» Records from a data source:
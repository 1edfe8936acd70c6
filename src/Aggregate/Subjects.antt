-- ===== src/Aggregate/Subjects.antt =====
-- What `aggregate_user_state` of cpa_first/engine/aggregate.py says of each subject.
use xeno_pre_test.Prelude.{
  ℕ, ◌≡◌, refl, sym, ap, ◌∙◌, subst, Bool, true, false, ◌||◌, if◌then◌else◌, Option, none, some,
  List, [], ◌∷◌, ◌++◌, map, All, String, str_eq, eq_iff, str_leb, str_leb-total, str_leb_trans,
  mem_str, keep, insort, sorted, IsSorted, sorted-IsSorted, Bool-cases, inl, inr,
}
use mathlib.Core.Bool.{false≢true}
use mathlib.Core.List.{append_assoc, append-nil}
use xeno_pre_test.StudyPlan.Stage.{Stage}
use xeno_pre_test.Aggregate.Signals.{Log, Problem, problem_by_id}
use xeno_pre_test.Aggregate.State.{
  SubjectState, subject_of, append_log, append_to, by_subject, logs_of, group_names,
  aggregate_subject_state, with_state, subject_states, aggregate_user_state,
}

-- The first state of a subject.
abbrev pub state_of : String → List SubjectState → Option SubjectState
state_of s [] = none
state_of s (t ∷ ts) = if str_eq s t.subject then some t else state_of s ts

abbrev pub is_subject : String → Option String → Bool
is_subject s none = false
is_subject s (some t) = str_eq s t

-- A log on a problem of the subject.
abbrev pub is_log_of : List Problem → String → Log → Bool
unfolding problem_by_id
is_log_of ps s l = is_subject s (subject_of ps l)

str_eq_sym : (s t : String) → str_eq s t ≡ true → str_eq t s ≡ true
str_eq_sym s t h = (eq_iff t s).1 (sym ((eq_iff s t).0 h))

str_eq_apart : (s t u : String) → str_eq t u ≡ false → str_eq s u ≡ true → str_eq s t ≡ false
str_eq_apart s t u h k = elim (Bool-cases (str_eq s t)) [
  | inr e ↦ e
  | inl e ↦ absurd (false≢true (sym h ∙ (eq_iff t u).1 (sym ((eq_iff s t).0 e) ∙ (eq_iff s u).0 k)))
]

logs_of-append_log :
    (s t : String) (l : Log) (groups : List (String × List Log))
    → logs_of s (append_log t l groups)
      ≡ (if str_eq s t then logs_of s groups ++ l ∷ [] else logs_of s groups)
unfolding logs_of append_log
logs_of-append_log s t l [] = refl
logs_of-append_log s t l ((u, ls) ∷ groups) = elim (Bool-cases (str_eq t u)) [
  | inl e ↦
      rw (e, (eq_iff t u).0 e)
        (elim (Bool-cases (str_eq s u)) [ inl k ↦ rw k refl | inr k ↦ rw k refl ])
  | inr e ↦ elim (Bool-cases (str_eq s u)) [
    | inl k ↦ rw (e, str_eq_apart s t u e k) (rw k refl)
    | inr k ↦ rw (e, k) (logs_of-append_log s t l groups)
  ]
]

logs_of-by_subject :
    (ps : List Problem) (s : String) (ls : List Log) (groups : List (String × List Log))
    → logs_of s (by_subject ps ls groups) ≡ logs_of s groups ++ keep (is_log_of ps s) ls
unfolding by_subject
logs_of-by_subject ps s [] groups = sym (append-nil (logs_of s groups))
logs_of-by_subject ps s (l ∷ ls) groups =
    logs_of-by_subject ps s ls (append_to (subject_of ps l) l groups)
    ∙ by_subject_of (subject_of ps l)
  where
    by_subject_of :
        (o : Option String)
        → logs_of s (append_to o l groups) ++ keep (is_log_of ps s) ls
          ≡ logs_of s groups
            ++ (if is_subject s o then l ∷ keep (is_log_of ps s) ls else keep (is_log_of ps s) ls)
    by_subject_of none = refl
    by_subject_of (some t) =
        ap (λ x. x ++ keep (is_log_of ps s) ls) (logs_of-append_log s t l groups)
        ∙ elim (Bool-cases (str_eq s t)) [
          | inl e ↦ rw e (append_assoc (logs_of s groups) (l ∷ []) (keep (is_log_of ps s) ls))
          | inr e ↦ rw e refl
        ]

logs_of_absent :
    (s : String) (groups : List (String × List Log))
    → mem_str s (group_names groups) ≡ false
    → logs_of s groups ≡ []
unfolding logs_of
logs_of_absent s [] h = refl
logs_of_absent s ((t, ls) ∷ groups) h = elim (Bool-cases (str_eq s t)) [
  | inl e ↦ absurd (false≢true (sym (rw e at h)))
  | inr e ↦ rw e (logs_of_absent s groups (rw e at h))
]

mem_str-insort :
    (s x : String) (xs : List String)
    → mem_str s (insort str_leb x xs) ≡ (str_eq s x || mem_str s xs)
unfolding insort
mem_str-insort s x [] = refl
mem_str-insort s x (y ∷ ys) = elim (Bool-cases (str_leb x y)) [
  | inl e ↦ rw e refl
  | inr e ↦ rw (e, mem_str-insort s x ys) (or_swap (str_eq s y) (str_eq s x) (mem_str s ys))
]
  where
    or_swap : (a b c : Bool) → (a || (b || c)) ≡ (b || (a || c))
    or_swap true true c = refl
    or_swap true false c = refl
    or_swap false true c = refl
    or_swap false false c = refl

mem_str-sorted : (s : String) (xs : List String) → mem_str s (sorted str_leb xs) ≡ mem_str s xs
unfolding sorted
mem_str-sorted s [] = refl
mem_str-sorted s (x ∷ xs) =
    mem_str-insort s x (sorted str_leb xs) ∙ ap (λ b. str_eq s x || b) (mem_str-sorted s xs)

module _ (has_colon : String → Bool) (share : ℕ → ℕ → ℕ) where
  state_of-with_state :
      (s t : String) (ls : List Log) (ps : List Problem) (rest : List SubjectState)
      → state_of s (with_state (aggregate_subject_state has_colon share ls ps t) rest) ≡ (
          if str_eq s t
          then elim (aggregate_subject_state has_colon share ls ps t) [
            | none ↦ state_of s rest
            | some u ↦ some u
          ]
          else state_of s rest)
  unfolding aggregate_subject_state
  state_of-with_state s t [] ps rest = elim (Bool-cases (str_eq s t)) [
    | inl e ↦ rw e refl
    | inr e ↦ rw e refl
  ]
  state_of-with_state s t (l ∷ ls) ps rest = refl

  state_of-subject_states :
      (s : String) (groups : List (String × List Log)) (ps : List Problem) (ss : List String)
      → state_of s (subject_states has_colon share groups ps ss) ≡ (
          if mem_str s ss
          then aggregate_subject_state has_colon share (logs_of s groups) ps s
          else none)
  unfolding subject_states
  state_of-subject_states s groups ps [] = refl
  state_of-subject_states s groups ps (t ∷ ss) =
      state_of-with_state s t (logs_of t groups) ps (subject_states has_colon share groups ps ss)
      ∙ elim (Bool-cases (str_eq s t)) [
        | inr e ↦ rw e (state_of-subject_states s groups ps ss)
        | inl e ↦
            subst
              (λ u.
                (if str_eq s u
                  then elim (aggregate_subject_state has_colon share (logs_of u groups) ps u) [
                    | none ↦ state_of s (subject_states has_colon share groups ps ss)
                    | some v ↦ some v
                  ]
                  else state_of s (subject_states has_colon share groups ps ss))
                ≡ (if str_eq s u || mem_str s ss
                    then aggregate_subject_state has_colon share (logs_of s groups) ps s
                    else none))
              ((eq_iff s t).0 e)
              (rw ((eq_iff s s).1 refl) (
                or_none (aggregate_subject_state has_colon share (logs_of s groups) ps s)
                  (state_of s (subject_states has_colon share groups ps ss)) (mem_str s ss)
                  (state_of-subject_states s groups ps ss)))
      ]
    where
      or_none :
          (o later : Option SubjectState) (b : Bool)
          → later ≡ (if b then o else none)
          → elim o [ none ↦ later | some v ↦ some v ] ≡ o
      or_none (some v) later b h = refl
      or_none none later true h = h
      or_none none later false h = h

  abbrev names : List SubjectState → List String
  names = map (λ t. t.subject)

  with_state-All :
      (P : String → Type 0) (s : String) (ls : List Log) (ps : List Problem)
      (rest : List SubjectState)
      → P s
      → All P (names rest)
      → All P (names (with_state (aggregate_subject_state has_colon share ls ps s) rest))
  unfolding aggregate_subject_state
  with_state-All P s [] ps rest p h = h
  with_state-All P s (l ∷ ls) ps rest p h = (p, h)

  with_state-IsSorted :
      (s : String) (ls : List Log) (ps : List Problem) (rest : List SubjectState)
      → All (λ t. str_leb s t ≡ true) (names rest)
      → IsSorted str_leb (names rest)
      → IsSorted str_leb (names (with_state (aggregate_subject_state has_colon share ls ps s) rest))
  unfolding aggregate_subject_state
  with_state-IsSorted s [] ps rest a h = h
  with_state-IsSorted s (l ∷ ls) ps rest a h = (a, h)

  subject_states-All :
      (P : String → Type 0) (groups : List (String × List Log)) (ps : List Problem)
      (ss : List String)
      → All P ss
      → All P (names (subject_states has_colon share groups ps ss))
  unfolding subject_states
  subject_states-All P groups ps [] h = tt
  subject_states-All P groups ps (s ∷ ss) h =
      with_state-All P s (logs_of s groups) ps _ h.0 (subject_states-All P groups ps ss h.1)

  subject_states-IsSorted :
      (groups : List (String × List Log)) (ps : List Problem) (ss : List String)
      → IsSorted str_leb ss
      → IsSorted str_leb (names (subject_states has_colon share groups ps ss))
  unfolding subject_states
  subject_states-IsSorted groups ps [] h = tt
  subject_states-IsSorted groups ps (s ∷ ss) h =
      with_state-IsSorted s (logs_of s groups) ps _
        (subject_states-All (λ t. str_leb s t ≡ true) groups ps ss h.0)
        (subject_states-IsSorted groups ps ss h.1)

  -- A group that is not there has no log and so no state.
  present_or_none :
      (s : String) (groups : List (String × List Log)) (ps : List Problem)
      → (if mem_str s (group_names groups)
          then aggregate_subject_state has_colon share (logs_of s groups) ps s
          else none)
        ≡ aggregate_subject_state has_colon share (logs_of s groups) ps s
  unfolding aggregate_subject_state
  present_or_none s groups ps = elim (Bool-cases (mem_str s (group_names groups))) [
    | inl e ↦ rw e refl
    | inr e ↦ rw (e, logs_of_absent s groups e) refl
  ]

  -- The state of a subject is what its own logs alone give, in their order, and there is one only where there is such
  -- a log; the states stand in the order of their subjects.
  pub aggregate_user_state_lem :
      (logs : List Log) (ps : List Problem) (stage : Option Stage)
      → let states = (aggregate_user_state has_colon share logs ps stage).subject_states in
        ((s : String)
          → state_of s states
            ≡ aggregate_subject_state has_colon share (keep (is_log_of ps s) logs) ps s)
        × IsSorted str_leb (map (λ t. t.subject) states)
  unfolding aggregate_user_state
  aggregate_user_state_lem logs ps stage =
      let groups = by_subject ps logs [] in
      (
        λ s.
            state_of-subject_states s groups ps (sorted str_leb (group_names groups))
            ∙ ap
                (λ b.
                  if b
                  then aggregate_subject_state has_colon share (logs_of s groups) ps s
                  else none)
                (mem_str-sorted s (group_names groups))
            ∙ present_or_none s groups ps
            ∙ ap (λ ls. aggregate_subject_state has_colon share ls ps s)
                (logs_of-by_subject ps s logs []),
        subject_states-IsSorted groups ps (sorted str_leb (group_names groups))
            (sorted-IsSorted str_leb str_leb-total str_leb_trans (group_names groups)),
      )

» WHAT THE TASK ASKS:
Reproduce exactly every line that sits between the start of the entries and the line bearing "logs_of-append_log s t l [] = refl", counting both of those lines.

» RESULT:
repository 1edfe8936acd70c6
filename src/Aggregate/Subjects.antt
-- ===== src/Aggregate/Subjects.antt =====
-- What `aggregate_user_state` of cpa_first/engine/aggregate.py says of each subject.
use xeno_pre_test.Prelude.{
  ℕ, ◌≡◌, refl, sym, ap, ◌∙◌, subst, Bool, true, false, ◌||◌, if◌then◌else◌, Option, none, some,
  List, [], ◌∷◌, ◌++◌, map, All, String, str_eq, eq_iff, str_leb, str_leb-total, str_leb_trans,
  mem_str, keep, insort, sorted, IsSorted, sorted-IsSorted, Bool-cases, inl, inr,
}
use mathlib.Core.Bool.{false≢true}
use mathlib.Core.List.{append_assoc, append-nil}
use xeno_pre_test.StudyPlan.Stage.{Stage}
use xeno_pre_test.Aggregate.Signals.{Log, Problem, problem_by_id}
use xeno_pre_test.Aggregate.State.{
  SubjectState, subject_of, append_log, append_to, by_subject, logs_of, group_names,
  aggregate_subject_state, with_state, subject_states, aggregate_user_state,
}

-- The first state of a subject.
abbrev pub state_of : String → List SubjectState → Option SubjectState
state_of s [] = none
state_of s (t ∷ ts) = if str_eq s t.subject then some t else state_of s ts

abbrev pub is_subject : String → Option String → Bool
is_subject s none = false
is_subject s (some t) = str_eq s t

-- A log on a problem of the subject.
abbrev pub is_log_of : List Problem → String → Log → Bool
unfolding problem_by_id
is_log_of ps s l = is_subject s (subject_of ps l)

str_eq_sym : (s t : String) → str_eq s t ≡ true → str_eq t s ≡ true
str_eq_sym s t h = (eq_iff t s).1 (sym ((eq_iff s t).0 h))

str_eq_apart : (s t u : String) → str_eq t u ≡ false → str_eq s u ≡ true → str_eq s t ≡ false
str_eq_apart s t u h k = elim (Bool-cases (str_eq s t)) [
  | inr e ↦ e
  | inl e ↦ absurd (false≢true (sym h ∙ (eq_iff t u).1 (sym ((eq_iff s t).0 e) ∙ (eq_iff s u).0 k)))
]

logs_of-append_log :
    (s t : String) (l : Log) (groups : List (String × List Log))
    → logs_of s (append_log t l groups)
      ≡ (if str_eq s t then logs_of s groups ++ l ∷ [] else logs_of s groups)
unfolding logs_of append_log
logs_of-append_log s t l [] = refl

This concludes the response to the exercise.